Dmitri’s lips curved. “The ability to charm your enemies and make friends wherever you go has always been your gift, January.”
Naasir snorted at the literal translation of Janvier’s name. It was an unusual one, given to him by a girl of sixteen who was in love with her baby—a baby born during the first minute of a long-ago January night. The time and date were facts his mother had known only because right before she pushed her son out into the world, she’d heard the sky explode with fireworks as the wealthy mortals and immortals who lived in the nearby settlement celebrated the new year.
That sweet, romantic girl had loved him to the day she died as a tiny, wrinkled woman who’d lived a glorious life.
“My Janvier. My New Year’s gift.” Warm, soft hands on his cheeks, a brilliant smile that hadn’t faded an iota in all the decades of her life. “I am so proud of you.”
Warmed by the precious memory, he smirked at Dmitri. “At least people don’t run screaming when they see me coming.” The other vampire was simply too old to fully conceal the lethal depth of his power.
“Do you think I could jump to the ground from here?” Naasir asked conversationally.
“No,” Dmitri replied. “I’d have to scrape you up with a shovel.”
Naasir frowned, stared down at the distant city street. “Pity.”
Sometimes, even Janvier didn’t know if Naasir was kidding or asking a serious question. “If you don’t need me to handle anything else immediately, I’m going to visit the injured.” He’d gotten into the habit of dropping in, updating the fallen men and women on news of the outside world—the kinds of things that would make them laugh or groan.
“I’ll hit the vampire clubs tonight,” he added, “get a feel for things.” If the computer searches on the tattoo and fingerprints came up empty, the clubs would also be a good starting point when it came to tracking the identity of his and Ash’s victim.
As soon as her name formed in his mind, it was as if the past minutes hadn’t existed. He was back on the snowy street outside the morgue, watching the woman he’d waited two lifetimes to find walk away from him.
• • •
Mulling over the strain he’d seen on Janvier’s face before the Cajun left, Dmitri turned to the vampire who remained. Naasir was unique, the only one of his kind in known history. He was also dangerous to himself at times, with as little sense of self-preservation as a four-year-old. “If you crack your skull by falling over,” he pointed out, “you won’t get to have dinner with Elena and Raphael tonight.”
Naasir jerked up his head, eyes shining. “Dinner?”
“Yes, you’ve been invited to the Enclave. Elena would like to welcome you back to the city.”
Naasir crept away from the edge a fraction. “I want to go to dinner,” he said decisively. “Will there be proper meat?”

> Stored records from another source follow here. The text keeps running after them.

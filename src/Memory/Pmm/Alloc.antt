-- ===== src/Memory/Pmm/Alloc.antt =====
-- `pmm_alloc_page`, `pmm_free_page` and `pmm_fill` (`src/memory/pmm.c`) on the list of free pages.
use reddyos_osdev.Base.{
  ℕ, ◌+◌, ◌*◌, ◌/◌, ◌%◌, ◌^◌, ◌≤◌, ◌<◌, ◌≡◌, ◌≢◌, ◌∙◌, refl, ap, sym, subst, List, [], ◌∷◌, take,
  drop, arith,
}
use reddyos_osdev.Base.Outcome.{done, panic}
use reddyos_osdev.Memory.Page.{page_size}
use reddyos_osdev.Memory.Store.{
  Words, phys_to_virt, virt_to_phys, virt_to_phys-phys_to_virt, write, write_ne, clear_page,
  clear_page_inside, clear_page_outside, write_self,
}
use reddyos_osdev.Memory.Pmm.{Entry, Pmm, fill, take_page, alloc_page, free_page, push_page}
use reddyos_osdev.Memory.Pmm.FreeList.{
  Holds, Absent, Fresh, onto, links, pushed, pushed-Holds, push_page-Holds, Fresh-drop, Fresh-take,
  Fresh-mono, clear_page-FreeList,
}
use reddyos_osdev.Memory.Pmm.Regions.{pages_left, AllFit}
use reddyos_osdev.Memory.Pmm.Fill.{CursorFits, fill_lem}

module _ (hhdm : ℕ) (entries : List Entry) where
  -- The free list holds `xs`, and the pages that the memory map still has are none of them.
  pub record IsValid (s : Pmm) (xs : List ℕ) : Type 0 where
    pub holds : Holds s xs
    pub fresh : Fresh hhdm (pages_left entries s) xs
    pub cursor : CursorFits entries s

  pub links_frame :
      (ps xs : List ℕ) (w : Words) (h a : ℕ)
      → Fresh hhdm ps xs
      → Absent (a / 4096 * 4096) (onto hhdm ps xs)
      → ((links hhdm ps w h).0 a ≡ w a) × Absent (a / 4096 * 4096) xs
  links_frame [] xs w h a f ab = (refl, ab)
  links_frame (p ∷ ps) xs w h a f ab =
      let node = phys_to_virt hhdm p in
      let (same, outside) = links_frame ps (node ∷ xs) (write w node h) node a f.3 ab in
      (same ∙ write_ne w node h a (λ e. outside.0 (omega (arith, f.0, e))), outside.1)

  -- For a memory map whose entries end below the top of the address space `pmm_fill` ends on every
  -- valid state with a valid state: it puts the next `pages` pages of the map on the free list in
  -- front of what it held, takes them from what is left, and changes no other page.
  pub fill-IsValid :
      (pages : ℕ) (s : Pmm) (xs : List ℕ)
      → AllFit entries
      → IsValid s xs
      → (s' : Pmm) × (fill hhdm entries pages s ≡ done s')
        × IsValid s' (onto hhdm (take pages (pages_left entries s)) xs)
        × (pages_left entries s' ≡ drop pages (pages_left entries s))
        × ((a : ℕ)
            → Absent (a / 4096 * 4096) (onto hhdm (take pages (pages_left entries s)) xs)
            → s'.word a ≡ s.word a)
  fill-IsValid pages s xs f v =
      let (s', run, m) = fill_lem hhdm entries pages s f v.cursor in
      let ps = take pages (pages_left entries s) in
      let ok' = Fresh-take hhdm pages (pages_left entries s) xs v.fresh in
      let h = pushed-Holds hhdm ps s xs v.holds ok' in
      let same : (s'.word ≡ (pushed hhdm ps s).word) = ap (λ (q : Pmm). q.word) m.listed in
      let head : (s'.head ≡ (pushed hhdm ps s).head) = ap (λ (q : Pmm). q.head) m.listed in
      (
        s',
        run,
        record {
          holds =
              rw m.listed
                (record { linked = h.linked; aligned = h.aligned; distinct = h.distinct });
          fresh = rw m.rest (Fresh-drop hhdm pages (pages_left entries s) xs v.fresh);
          cursor = m.cursor;
        },
        m.rest,
        λ a ab. ap (λ w. w a) same ∙ (links_frame ps xs s.word s.head a ok' ab).0,
      )

  -- A page comes from the free list cleared, and no other page is touched.
  pub record Taken (s : Pmm) (y : ℕ) (zs : List ℕ) (s' : Pmm) : Type 0 where
    pub valid : IsValid s' zs
    pub left : pages_left entries s' ≡ pages_left entries s
    pub cleared : (a : ℕ) → y ≤ a → a < y + page_size → s'.word a ≡ 0
    pub frame : (a : ℕ) → a / 4096 * 4096 ≢ y → s'.word a ≡ s.word a

  take_page_lem :
      (s : Pmm) (y : ℕ) (zs : List ℕ)
      → IsValid s (y ∷ zs)
      → (s' : Pmm) × (take_page hhdm s ≡ done (virt_to_phys hhdm y, s')) × Taken s y zs s'
  unfolding take_page
  take_page_lem s y zs v =
      let l = v.holds.linked in
      (
        record s { word = clear_page s.word y; head = s.word y },
        rw l.0 (ground (arith, l.1)),
        record {
          valid = record {
            holds = record {
              linked =
                  clear_page-FreeList s.word y (s.word y) zs v.holds.aligned.0 v.holds.distinct.0
                    v.holds.aligned.1 l.2;
              aligned = v.holds.aligned.1;
              distinct = v.holds.distinct.1;
            };
            fresh = Fresh-mono hhdm (pages_left entries s) (y ∷ zs) zs (λ a q. q.1) v.fresh;
            cursor = v.cursor;
          };
          left = refl;
          cleared = λ a h k. clear_page_inside s.word y a h k;
          frame = λ a h. clear_page_outside s.word y a v.holds.aligned.0 h;
        },
      )

  -- On a valid state with a page on the free list `pmm_alloc_page` gives the first page of the list,
  -- cleared; the rest of the list stays, and no other page changes.
  pub alloc_page_listed :
      (s : Pmm) (y : ℕ) (zs : List ℕ)
      → IsValid s (y ∷ zs)
      → (s' : Pmm) × (alloc_page hhdm entries s ≡ done (virt_to_phys hhdm y, s')) × Taken s y zs s'
  unfolding alloc_page
  alloc_page_listed s y zs v =
      let (s', run, t) = take_page_lem s y zs v in
      let l = v.holds.linked in (s', ground (arith, l.0, l.1, run), t)

  alloc_page_filled :
      (s s1 : Pmm)
      → s.head ≡ 0
      → fill hhdm entries 512 s ≡ done s1
      → alloc_page hhdm entries s ≡ take_page hhdm s1
  unfolding alloc_page
  alloc_page_filled s s1 h run = ground (arith, h, run)

  take_page_empty : (s : Pmm) → s.head ≡ 0 → take_page hhdm s ≡ panic
  unfolding take_page
  take_page_empty s h = ground (arith, h)

  -- On a valid state with an empty free list and pages left in the memory map, whose entries end below
  -- the top of the address space, `pmm_alloc_page` first moves the next 512 of them to the list, then
  -- gives the page moved last, cleared; the pages that neither stand on the list then nor were given
  -- are untouched.
  pub alloc_page_refill :
      (s : Pmm) (y : ℕ) (zs : List ℕ)
      → AllFit entries
      → IsValid s []
      → onto hhdm (take 512 (pages_left entries s)) [] ≡ y ∷ zs
      → (s' : Pmm) × (alloc_page hhdm entries s ≡ done (virt_to_phys hhdm y, s'))
        × IsValid s' zs
        × (pages_left entries s' ≡ drop 512 (pages_left entries s))
        × ((a : ℕ) → y ≤ a → a < y + page_size → s'.word a ≡ 0)
        × ((a : ℕ) → Absent (a / 4096 * 4096) (y ∷ zs) → s'.word a ≡ s.word a)
  alloc_page_refill s y zs f v e =
      let (s1, run, v1, left, same) = fill-IsValid 512 s [] f v in
      let (s2, took, t) = take_page_lem s1 y zs (subst (IsValid s1) e v1) in
      (
        s2,
        alloc_page_filled s s1 v.holds.linked run ∙ took,
        t.valid,
        t.left ∙ left,
        t.cleared,
        λ a ab.
            t.frame a (λ q. ab.0 (sym q)) ∙ same a (subst (Absent (a / 4096 * 4096)) (sym e) ab),
      )

  -- On a valid state with an empty free list and no page left in the memory map, whose entries end
  -- below the top of the address space, `pmm_alloc_page` panics.
  pub alloc_page_exhausted :
      (s : Pmm)
      → AllFit entries
      → IsValid s []
      → pages_left entries s ≡ []
      → alloc_page hhdm entries s ≡ panic
  alloc_page_exhausted s f v e =
      let (s1, run, v1, left, same) = fill-IsValid 512 s [] f v in
      let listed : onto hhdm (take 512 (pages_left entries s)) [] ≡ [] = rw e in
      let empty : s1.head ≡ 0 = (subst (IsValid s1) listed v1).holds.linked in
      alloc_page_filled s s1 v.holds.linked run ∙ take_page_empty s1 empty

  -- `pmm_free_page` keeps the list valid, for an aligned page that is neither on the list nor
  -- still to be handed out.
  pub free_page-IsValid :
      (page : ℕ) (s : Pmm) (xs : List ℕ)
      → IsValid s xs
      → phys_to_virt hhdm page % 4096 ≡ 0
      → phys_to_virt hhdm page ≢ 0
      → Absent (phys_to_virt hhdm page) xs
      → Fresh hhdm (pages_left entries s) (phys_to_virt hhdm page ∷ xs)
      → IsValid (free_page hhdm page s) (phys_to_virt hhdm page ∷ xs)
  unfolding free_page
  free_page-IsValid page s xs v al nz ab fr = record {
    holds = push_page-Holds hhdm page s xs v.holds al nz ab;
    fresh = unfold push_page in fr;
    cursor = unfold push_page in v.cursor;
  }

  -- A page that was freed, whose address in the physical map is not NULL, is the next one given,
  -- cleared, and the head of the list is then as it was before.
  pub alloc_page-free_page :
      (page : ℕ) (s : Pmm)
      → hhdm < 2 ^ 64
      → page < 2 ^ 64
      → phys_to_virt hhdm page ≢ 0
      → (s' : Pmm) × (alloc_page hhdm entries (free_page hhdm page s) ≡ done (page, s'))
        × (s'.head ≡ s.head)
        × ((a : ℕ)
            → phys_to_virt hhdm page ≤ a
            → a < phys_to_virt hhdm page + page_size
            → s'.word a ≡ 0)
  unfolding alloc_page free_page push_page take_page
  alloc_page-free_page page s h k nz =
      let node = phys_to_virt hhdm page in
      let w = write s.word node s.head in
      (
        record s { word = clear_page w node; head = w node },
        ground (arith, nz, virt_to_phys-phys_to_virt hhdm page h k),
        write_self s.word node s.head,
        λ a p q. clear_page_inside w node a p q,
      )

“Montgomery will ensure you get fed.” He was severely tempted to turn up at the dinner himself, just to see Elena’s reaction to Naasir’s unusual eating habits. “Tell me about Amanat.” The lost city risen to the surface after an eon was home to the Ancient Caliane, Raphael’s mother and a staggering power.
“Twice a week,” Naasir said, “Caliane lowers the shield that protects the city so her people can go outside. They do so in small herds, scared and clinging to one another.” There was no judgment in the words. “It may take months for them to overcome the fear seeded by the loss of one of their own.”
Dmitri wasn’t surprised. Caliane was strong, but the people who’d come with her into her long sleep were gentle, cultured beings with no real capacity to protect themselves. “Lijuan’s territory?”
“I was able to infiltrate it without being detected after Jason gave me the advance data.”
Dmitri had already received Jason’s report, but the spymaster had focused on the politics, as well as on any news of Lijuan’s whereabouts, while Naasir had been directed to pay attention to the populace.
“Her people are in the grip of a stunned kind of shock,” the vampire said, “but there is no despair, not at the level there should be. They are waiting, and erecting shrines—where they kneel and pray for Lijuan’s swift recovery.”
“Damn.” Dmitri had been hoping Raphael had managed to kill her off despite Raphael’s own belief otherwise.
Killing an archangel, Raphael had said, has always been a difficult task. Killing an Ancient might be an impossible one—and while Lijuan isn’t an Ancient, she’s close enough to it that I believe it’ll take an extraordinary event to eliminate her.
“I’ve thought of multiple methods to kill her,” Naasir said. “Unfortunately, she keeps regenerating, even in my imagination.”
That was the crux of it. If nothing could eradicate the threat of Lijuan, hell would erupt on earth. “Share your ideas with the sire.” Naasir didn’t think like the rest of them, had come up with surprising maneuvers before.
“Do I need to take a gift for Elena? Is that the thing to do?”
Dmitri fought the urge to tell him yes. Naasir’s idea of a gift tended to be interesting at best. “Do what feels natural. Neither the sire nor the consort expect us to be anything other than who and what we are.” That fact was at the core of why he served Raphael; there was no need for pretense.
“I’ll take a gift,” Naasir said after a minute. “It’s what Jessamy taught me to do when invited to a special dinner at someone’s home.”
Dmitri wondered if Honor would mind if he changed their plans and invited them both to dinner at the Enclave.
• • •
Ashwini pointed her finger at Demarco. “I haven’t shot anyone this week.”
The streaky blond-brown of his hair more on the brown side right now, given the winter sunlight, the irrepressible hunter jumped over a table in the Academy dining hall to grab her shoulders and squeeze. It was his form of giving her a hug—most of the hunters who were her close friends knew she had trouble with too much physical contact.
Leaning forward, she hugged him. He was part of her family and she understood the value of such loyalty and affection in a way no one who hadn’t lost a family could. It had all gone wrong so long ago, and now there was no way to fix the family into which she’d been born. But she could do this; she could hold on to the family she’d created.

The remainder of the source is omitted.